Juneau Gym’s Future Uncertain

Outside the Rock Dump. Photo: Juneau Empire

Sometime before July 1st, Juneau, Alaska’s only climbing gym, The Rock Dump, needs to find a new home. The gym has been in its current location since opening, and now, after ownership changes and the end of a sweetheart of a lease, the gym is being forced to relocate or go out of business.

The 11,000 square foot gym was opened by Matthew Cecil in 2001. He sold the building in 2012 to Alaska Coach Tours, who then rented it to Juneau Climbing and Recreation, a new non-profit formed by local climbers, which took over operations of the gym.

Since the transition, the future of the gym has been uncertain. The JCR board wrote in an open letter to the community, “The partnership was intended to be short-term, but every year Alaska Coach continued to renew the lease and to subsidize the rent.” They went on to write, “The Rock Dump would not have been able to remain open for the last 4+ years if it had not been for the support of Alaska Coach Tours.”

When Alaska Coach Tours initially bought the building they didn’t have immediate needs for it, so rather than keeping it unoccupied, they agreed to rent the space to JCR for less than market value, until the operators could find another location.

Unfortunately, that search did not turn up any viable options, and time is running out. Last November Alaska Coach Tours informed JCR that they couldn’t continue subsidizing the climbing gym, whose rent does not cover the company’s mortgage on the building.

According to the Juneau Empire, Alaska Coach Tour’s president, Dennis McDonnell, said that the company had put development for the building plans on hold for years “without any regrets”. They company felt that helping to keep the town’s only rock climbing gym open was the right thing to do for the community. “We are more than satisfied with the thought that we helped keep this gym going both operationally and financially,” McDonnell wrote.

In a Tuesday phone call to Juneau Empire, JCR board member Tyler Gress said the organization is looking for a profitable alternative, which could mean downsizing to a bouldering gym.
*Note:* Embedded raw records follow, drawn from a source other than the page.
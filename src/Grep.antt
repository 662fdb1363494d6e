-- ===== src/Grep.antt =====
-- grep.c: the matcher of Kernighan and Pike, on texts as lists of character codes.
-- The end of a list is the terminating NUL, so no list holds the code 0.
use cs461_hw.Base.{ℕ, Bool, true, false, ◌&&◌, ◌||◌, List, [], ◌∷◌, ◌==◌, if◌then◌else◌}
pub mod Matching
mod Tests

-- `matchstar`, with the call of `matchhere` on what follows the star as an argument.
pub matchstar : (List ℕ → Bool) → ℕ → List ℕ → Bool
matchstar rest c [] = rest []
matchstar rest c (t ∷ ts) = rest (t ∷ ts) || (t == c || c == b'.') && matchstar rest c ts

-- `*text == '\0'`
pub at_end : List ℕ → Bool
at_end [] = true
at_end (_ ∷ _) = false

-- The last test of `matchhere`: one character, then the rest of the pattern.
pub one : ℕ → (List ℕ → Bool) → List ℕ → Bool
one c rest [] = false
one c rest (t ∷ ts) = (c == b'.' || c == t) && rest ts

pub matchhere : List ℕ → List ℕ → Bool
matchhere [] text = true
matchhere (c ∷ []) text = if c == b'$' then at_end text else one c (matchhere []) text
matchhere (c ∷ d ∷ re) text =
    if d == b'*' then matchstar (matchhere re) c text else one c (matchhere (d ∷ re)) text

-- The `do` loop of `match`.
pub anywhere : List ℕ → List ℕ → Bool
anywhere re [] = matchhere re []
anywhere re (t ∷ ts) = matchhere re (t ∷ ts) || anywhere re ts

-- `match`
pub matches : List ℕ → List ℕ → Bool
matches [] text = anywhere [] text
matches (c ∷ re) text = if c == b'^' then matchhere re text else anywhere (c ∷ re) text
A new building comparable to their current location would cost upward of $1 million, according to Gress. That is beyond the organizations reach; the gym has not been profitable for years and was only able to stay in business because of Alaska Coach Tour’s generous support.

McDonnell has now agreed to allow the group to stay in the building until July 1, giving JCR a little more time to find an alternative. Gress said the group’s priority right now is maintaining continuity for members: They want to find a space to move into right away so they can transition their members to a new facility without a break in service.